[PROBLEM]
From the entries below, gather each line containing the word "unfolding".

[INPUT RECORDS]
= = = =

-- ===== src/Vault/Heads/Steady.antt =====
-- src/vault.rs, `head`: it never aborts.
use soal.Base.{Bytes, none, some, Bool, true, false, not, SoalError, reject, arith}
use soal.Content.Hex.{HexCrate, from_hex, decode_hash}
use soal.Content.Text.{trim}
use soal.Codec.Utf8.{is_utf8}
use soal.Disk.{exists, io_error}
use soal.Disk.Steady.{
  IsAnswer, IsSteady, pure-IsSteady, lift-IsSteady, if-IsSteady, >>=-IsSteady, read_file-IsSteady,
}
use soal.Vault.{Crates}
use soal.Vault.Heads.{head_file, head, read_head, read_to_string}

reject-IsAnswer : (b : Bool) (e : SoalError) → IsAnswer (reject b e)
reject-IsAnswer true e = tt
reject-IsAnswer false e = tt

from_hex-IsAnswer : (hex : HexCrate) (s : Bytes) → IsAnswer (from_hex hex s)
unfolding from_hex decode_hash
from_hex-IsAnswer hex s = ground arith

read_to_string-IsSteady : (name : Bytes) → IsSteady (read_to_string name)
unfolding read_to_string
read_to_string-IsSteady name = >>=-IsSteady _ _ (read_file-IsSteady name) (λ text.
    >>=-IsSteady _ _
      (lift-IsSteady (reject (not (is_utf8 text)) io_error)
        (reject-IsAnswer (not (is_utf8 text)) io_error))
      (λ u. pure-IsSteady text))

pub head-IsSteady : (crates : Crates) → IsSteady (head crates)
unfolding head read_head soal.Disk.pure
head-IsSteady crates =
    if-IsSteady (λ d. not (exists head_file d)) _ _ (pure-IsSteady none)
      (>>=-IsSteady _ _ (read_to_string-IsSteady head_file) (λ text.
        >>=-IsSteady _ _
          (lift-IsSteady (from_hex crates.hex (trim text))
            (from_hex-IsAnswer crates.hex (trim text)))
          (λ h. pure-IsSteady (some h))))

= = = =

[TASK RESPONSE]
unfolding from_hex decode_hash
unfolding read_to_string
unfolding head read_head soal.Disk.pure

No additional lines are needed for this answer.